Misbah Eratilla

Misbah Eratilla

Mail: m.eratilla@gmail.com

Nurlar'la ilk tanışmam

Valizimle 16 kişilik koğuştaki yatağa oturduğumda bu kadar insanla bir arada nasıl yaşarım demedim.

Soğuk ve ürkütücü yemekhanede ağız tadıma yemek bulamazken halimden şikâyet etmedim. Şehrin nemli havası nefesimi kestiğinde dahi Mersin’e geldiğime pişman olmadım. Nöbetçisi olduğum günlerde ağır işlerde çalıştığımda keşke evde olsaydım demedim. Çünkü burada kimse bana karışmıyor ve beni olur olmaz eleştirmiyor. Ne giydiğime, ne saçımın modeline ne de uyku saatime kimse karışmıyordu. Kiminle arkadaşlık yaptığıma hiç kimse karışmıyor. Okuldaki ilk günlerim böyle geçti. Aradan birkaç hafta geçince içimin derinliklerinden bir ses evi, annemin yemeklerini özlediğimi bana fısıldadığında ilk kez kendimi kötü hissettim. Sonraki günlerde sıcak yatağımı, rahat banyomu ve ütülü elbiselerimi aramaya başladım. Yatılı okul bana yeni doğmuş bir bebek gibi her şeyi yeniden öğretiyordu. Zor günlerim sisli duyguları arasında gidip geliyordu. Daha sonraları hayatım normale dönünce roman, hikâye ve deneme kitapları okumaya başladım. Okulu tanıdıkça öğrenciler arasındaki siyasî cepheleşmeyi fark ettim. Siyasî çekişmelerden rahatsız olduğumdan yeni arkadaşlıklara şüpheyle baktım. Bilmediğim sularda yüzmek istemiyordum. Nihayet okulun şartlarına uyum sağlamıştım.

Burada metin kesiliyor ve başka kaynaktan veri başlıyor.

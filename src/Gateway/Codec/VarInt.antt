-- ===== src/Gateway/Codec/VarInt.antt =====
-- Variable-length integers: what `appendMinecraftVarInt` writes, `readMinecraftVarInt` reads.
use native.Mathlib.Nat.{pow-suc}
use native.Mathlib.Numerals.{towards_suc}
use mathlib.Core.List.{append_assoc}
use hogs.Prelude.{
  ℕ, zero, suc, ◌+◌, ◌*◌, ◌/◌, ◌%◌, ◌^◌, ◌≤◌, ◌<◌, true, false, [], ◌∷◌, ◌++◌, ltb, eqb, ◌≡◌, refl,
  ap, ◌∙◌, arith, Bool-cases, inl, inr, lt→ltb, eqb_iff,
}
use hogs.Prelude.Fallible.{ok}
use hogs.Gateway.Codec.{Bytes, read_groups, read_var_int, groups, append_var_int}

next_weight : (position : ℕ) → 2 ^ (7 * (position + 1)) ≡ 128 * 2 ^ (7 * position)
next_weight position =
    let e : 7 * (position + 1) ≡ 7 * position + 7 = omega arith in
    rw e (simp towards_suc (omega arith))

next_value : (acc v w : ℕ) → acc + v % 128 * w + v / 128 * (128 * w) ≡ acc + v * w
next_value acc v w =
    let e : v ≡ v % 128 + v / 128 * 128 = omega arith in omega (arith, ap (λ (t : ℕ). t * w) e)

next_bound : (n v : ℕ) → v < 128 ^ suc (suc n) → v / 128 < 128 ^ suc n
next_bound n v h =
    let e : 128 ^ suc (suc n) ≡ 128 ^ suc n * 128 = pow-suc 128 (suc n) in omega (arith, h, e)

last_group : (v : ℕ) → eqb (v / 128) 0 ≡ true → v % 128 % 128 ≡ v
last_group v h = let e : v / 128 ≡ 0 = (eqb_iff (v / 128) 0).0 h in omega (arith, e)

more_group : (v : ℕ) → (v % 128 + 128) % 128 ≡ v % 128
more_group v = omega arith

module _ (f v position acc : ℕ) (prefix rest : Bytes) where
  -- The first group of a number of more groups than one, and the round that is left to read.
  read_groups-more :
      (n : ℕ)
      → eqb (v / 128) 0 ≡ false
      → read_groups (suc n) position acc prefix (groups (suc f) v ++ rest)
        ≡ read_groups n
            (position + 1)
            (acc + v % 128 * 2 ^ (7 * position))
            (prefix ++ (v % 128 + 128) ∷ [])
            (groups f (v / 128) ++ rest)
  unfolding read_groups groups
  read_groups-more n h =
      let e : ltb (v % 128 + 128) 128 ≡ false = ground arith in rw (h, e, more_group v) refl

  read_groups-last :
      (n : ℕ)
      → eqb (v / 128) 0 ≡ true
      → read_groups (suc n) position acc prefix (groups (suc f) v ++ rest)
        ≡ ok (acc + v * 2 ^ (7 * position), prefix ++ groups (suc f) v, rest)
  unfolding read_groups groups
  read_groups-last n h =
      let e : ltb (v % 128) 128 ≡ true = lt→ltb (v % 128) 128 (omega arith) in
      rw (h, e, last_group v h) refl

  groups-more : eqb (v / 128) 0 ≡ false → groups (suc f) v ≡ (v % 128 + 128) ∷ groups f (v / 128)
  unfolding groups
  groups-more h = rw h refl

-- A number of at most `n + 1` groups is read from its own bytes in `n + 1` rounds.
pub read_groups-groups :
    (n f v position acc : ℕ) (prefix rest : Bytes)
    → v < 128 ^ suc n
    → n ≤ f
    → read_groups (suc n) position acc prefix (groups (suc f) v ++ rest)
      ≡ ok (acc + v * 2 ^ (7 * position), prefix ++ groups (suc f) v, rest)
read_groups-groups zero f v position acc prefix rest h k =
    read_groups-last f v position acc prefix rest zero ((eqb_iff (v / 128) 0).1 (omega arith))
read_groups-groups (suc n) zero v position acc prefix rest h k = absurd (omega arith)
read_groups-groups (suc n) (suc f) v position acc prefix rest h k =
    elim (Bool-cases (eqb (v / 128) 0)) [
      | inl last ↦ read_groups-last (suc f) v position acc prefix rest (suc n) last
      | inr more ↦
          let e = read_groups-more (suc f) v position acc prefix rest (suc n) more in
          let r =
            read_groups-groups n f (v / 128) (position + 1) (acc + v % 128 * 2 ^ (7 * position))
              (prefix ++ (v % 128 + 128) ∷ []) rest (next_bound n v h) (omega arith) in
          let w : ℕ = 2 ^ (7 * position) in
          let same : acc + v % 128 * w + v / 128 * 2 ^ (7 * (position + 1)) ≡ acc + v * w =
            rw (next_weight position) (next_value acc v w) in
          let bytes = append_assoc prefix ((v % 128 + 128) ∷ []) (groups (suc f) (v / 128)) in
          e ∙ r ∙ rw (groups-more (suc f) v position acc prefix rest more, same, bytes) refl
    ]

-- A number of at most five groups is read back from the bytes that are written for it.
pub read_var_int-append_var_int :
    (v : ℕ) (rest : Bytes)
    → v < 34359738368
    → read_var_int (append_var_int [] v ++ rest) ≡ ok (v, append_var_int [] v, rest)
unfolding read_var_int append_var_int
read_var_int-append_var_int v rest h =
    read_groups-groups 4 9 v 0 0 [] rest h (omega arith)
    ∙ ap (λ (n : ℕ). ok (n, append_var_int [] v, rest)) (omega arith)
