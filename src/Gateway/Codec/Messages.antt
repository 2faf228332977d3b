-- ===== src/Gateway/Codec/Messages.antt =====
-- The packets of a client: what `parseMinecraftHandshake` and `parseMinecraftLoginUsername` make of
-- the bytes that the protocol prescribes.
use mathlib.Core.List.{append_assoc}
use hogs.Prelude.{
  ℕ, ◌+◌, ◌*◌, ◌≤◌, ◌<◌, true, false, not, ◌&&◌, ◌||◌, [], ◌∷◌, ◌++◌, leb, ltb, eqb, length,
  length-append, if◌then◌else◌, ◌≡◌, refl, ◌↔◌, inl, inr, Bool-cases, leb→le, arith,
}
use hogs.Prelude.Fallible.{ok, err}
use hogs.Gateway.Codec.{
  Bytes, CodecError, read_var_int, read_full, read_packet, read_string, read_port, parse_handshake,
  parse_login_username, all_username_bytes, append_var_int, minecraft_packet, minecraft_string,
}
use hogs.Gateway.Codec.VarInt.{read_var_int-append_var_int}

read_full-length : (xs rest : Bytes) → read_full (length xs) (xs ++ rest) ≡ ok (xs, rest)
unfolding read_full
read_full-length [] rest = refl
read_full-length (x ∷ xs) rest = rw (read_full-length xs rest) refl

-- A packet of one byte to 2 MiB is read back whole from the bytes that are sent for it, and the next
-- packet's bytes are left.
pub read_packet-minecraft_packet :
    (body rest : Bytes)
    → 0 < length body
    → length body ≤ 2097152
    → read_packet (minecraft_packet body ++ rest) ≡ ok (body, minecraft_packet body, rest)
unfolding read_packet minecraft_packet
read_packet-minecraft_packet body rest h k =
    let w = append_var_int [] (length body) in
    let a : eqb (length body) 0 ≡ false = ground arith in
    let b : ltb 2097152 (length body) ≡ false = ground arith in
    rw
      (
        append_assoc w body rest,
        read_var_int-append_var_int (length body) (body ++ rest) (omega arith),
        a,
        b,
        read_full-length body rest,
      )
      refl

read_string-minecraft_string :
    (maximum : ℕ) (value rest : Bytes)
    → length value ≤ maximum * 4
    → maximum ≤ 255
    → read_string maximum (minecraft_string value ++ rest) ≡ ok (value, rest)
unfolding read_string minecraft_string
read_string-minecraft_string maximum value rest h k =
    let w = append_var_int [] (length value) in
    let a : ltb (maximum * 4) (length value) ≡ false = ground arith in
    let b : ltb (length (value ++ rest)) (length value) ≡ false =
      ground (arith, length-append value rest) in
    rw
      (
        append_assoc w value rest,
        read_var_int-append_var_int (length value) (value ++ rest) (omega arith),
        a,
        b,
        read_full-length value rest,
      )
      refl

-- The bytes of a handshake and of a login start packet in the Minecraft protocol.
unfoldable pub handshake_bytes : ℕ → Bytes → ℕ → ℕ → ℕ → Bytes → Bytes
handshake_bytes protocol host hi lo next_state rest =
    append_var_int [] 0
    ++ (append_var_int [] protocol
        ++ (minecraft_string host ++ (hi ∷ lo ∷ (append_var_int [] next_state ++ rest))))

-- What a parser does with the fields that its readers give.
parse_handshake_fields :
    (b₁ b₂ b₃ b₄ b₅ b₆ p₁ p₂ p₃ host : Bytes) (protocol port next_state : ℕ)
    → read_var_int b₁ ≡ ok (0, p₁, b₂)
    → read_var_int b₂ ≡ ok (protocol, p₂, b₃)
    → read_string 255 b₃ ≡ ok (host, b₄)
    → read_port b₄ ≡ ok (port, b₅)
    → read_var_int b₅ ≡ ok (next_state, p₃, b₆)
    → (eqb next_state 1 || eqb next_state 2) ≡ true
    → parse_handshake b₁
      ≡ ok (record { protocol = protocol; host = host; port = port; next_state = next_state })
unfolding parse_handshake
parse_handshake_fields b₁ b₂ b₃ b₄ b₅ b₆ p₁ p₂ p₃ host protocol port next_state h k l m n good =
    rw (h, k, l, m, n, good) refl

-- A handshake of the protocol is parsed to its own fields, for a protocol number below 2^35, a host
-- of at most 1020 bytes and a next state 1 or 2; bytes behind it are ignored.
pub parse_handshake-handshake_bytes :
    (protocol : ℕ) (host : Bytes) (hi lo next_state : ℕ) (rest : Bytes)
    → protocol < 34359738368
    → length host ≤ 1020
    → 1 ≤ next_state
    → next_state ≤ 2
    → parse_handshake (handshake_bytes protocol host hi lo next_state rest)
      ≡ ok (record {
        protocol = protocol;
        host = host;
        port = hi * 256 + lo;
        next_state = next_state;
      })
unfolding handshake_bytes read_port
parse_handshake-handshake_bytes protocol host hi lo next_state rest h k l m =
    let tail : Bytes = hi ∷ lo ∷ (append_var_int [] next_state ++ rest) in
    parse_handshake_fields _ _ _ _ _ _ _ _ _ host protocol (hi * 256 + lo) next_state
      (read_var_int-append_var_int 0 (append_var_int [] protocol ++ (minecraft_string host ++ tail))
        (omega arith))
      (read_var_int-append_var_int protocol (minecraft_string host ++ tail) h)
      (read_string-minecraft_string 255 host tail k (omega arith)) refl
      (read_var_int-append_var_int next_state rest (omega arith)) (ground arith)

-- A string that is too long for its reader is refused.
read_string-long :
    (maximum : ℕ) (value rest : Bytes)
    → maximum * 4 < length value
    → length value < 34359738368
    → read_string maximum (minecraft_string value ++ rest) ≡ err CodecError.bad_string_length
unfolding read_string minecraft_string
read_string-long maximum value rest h k =
    let w = append_var_int [] (length value) in
    let a : ltb (maximum * 4) (length value) ≡ true = ground arith in
    rw (append_assoc w value rest, read_var_int-append_var_int (length value) (value ++ rest) k, a)
      refl

parse_login_username_field :
    (b₁ b₂ b₃ p username : Bytes)
    → read_var_int b₁ ≡ ok (0, p, b₂)
    → read_string 16 b₂ ≡ ok (username, b₃)
    → parse_login_username b₁ ≡ (
        if not (ltb (length username) 3) && all_username_bytes username
        then ok username
        else err CodecError.bad_username)
unfolding parse_login_username
parse_login_username_field b₁ b₂ b₃ p username h k = rw (h, k) refl

parse_login_username_refused :
    (b₁ b₂ p : Bytes) (e : CodecError)
    → read_var_int b₁ ≡ ok (0, p, b₂)
    → read_string 16 b₂ ≡ err e
    → parse_login_username b₁ ≡ err e
unfolding parse_login_username
parse_login_username_refused b₁ b₂ p e h k = rw (h, k) refl

-- A login start packet with a name below 2^35 bytes is accepted, with that name, exactly when the
-- name has 3 to 64 bytes, each a letter, a digit or an underscore; bytes behind it are ignored.
pub parse_login_username_iff :
    (username rest : Bytes)
    → length username < 34359738368
    → (parse_login_username (append_var_int [] 0 ++ (minecraft_string username ++ rest))
        ≡ ok username)
      ↔ ((3 ≤ length username) × (length username ≤ 64) × (all_username_bytes username ≡ true))
parse_login_username_iff username rest h =
    let b : Bytes = minecraft_string username ++ rest in
    let zero_id = read_var_int-append_var_int 0 b (omega arith) in
    elim (Bool-cases (leb (length username) 64)) [
      | inl short ↦
          let s = leb→le _ _ short in
          rw
            (parse_login_username_field _ _ _ _ username zero_id
              (read_string-minecraft_string 16 username rest s (omega arith)))
            (ground (arith, s))
      | inr long ↦
          rw
            (parse_login_username_refused _ _ _ _ zero_id
              (read_string-long 16 username rest (ground arith) h))
            (ground (arith, long))
    ]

1974 yılı Nisan ayının sonlarına doğru havalar ısınmış Mersin’e bahar geldiğini hissediyordum. Okuldaki yeni hayatımı sevmeye başlamıştım. Akşam yemeğinden hemen sonra yemekhaneden çıkarken okulun ilk günlerinden beri tanıştığım Hanefi Örnek adındaki öğrenci ile karşılaştım. Hanefi Örnek, yüzünde tebessüm eksik olmayan uzun boylu, iri yarı, pehlivan yapılı biriydi. Benden iki sınıf ilerideydi. Kantinde onunla birkaç sefer oturmuşluğum vardı. Sürekli beraber takıldığım ve aynı sınıf arkadaşım Abdulhamit Kanağı ile beni Cumartesi gecesi şehir merkezindeki bir eve çaya dâvet etti. Bu samimî dâvetine Abulhamit ile ‘olur’ diye cevap verdik. Cumartesi akşam yemeğinden sonra Hanefi Örnek ile birlikte şehir içi otobüsüyle şehir merkezine geldik. Şehir merkezinden yaya olarak bir hayli yol yürüdükten sonra beş yol mevkide bir apartmanın ikinci katına çıktık. Kapıyı çaldık gençten biri kapıyı açtı ve bizleri içeri buyur etti. Misafir ürkekliğiyle yavaş adımlarla geniş bir salona geçtik. Kapıya yakın boş bir kanepeye oturduk. Sonradan ismini öğrendiğim Şükrü Avatoğlu adında otuz yaşlarında temiz giyimli biri yanımıza gelerek “hoş geldiniz” diyerek bizimle tokalaştı. Şükrü Avatoğlu ev sahibi gibi görünüyordu. Kısa bir süre sonra salon yeni gelenlerle doldu. Kanepelerde yer kalmayınca yeni gelenler yere oturdu. Şükrü Avatoğlu, rahle denilen küçük sehpayı kendine doğru çekti ve dolap rafından kırmızı kaplı bir kitap çıkardı. Kitaptan birkaç sayfa çevirdikten sonra aradığı sayfayı bulmuş olacak ki anlaşılır, yumuşak bir ses tonuyla okumaya başladı. Herkes pür dikkat onu dinliyordu. Her okuduğu paragrafı bir öğretmen gibi açıklıyordu. 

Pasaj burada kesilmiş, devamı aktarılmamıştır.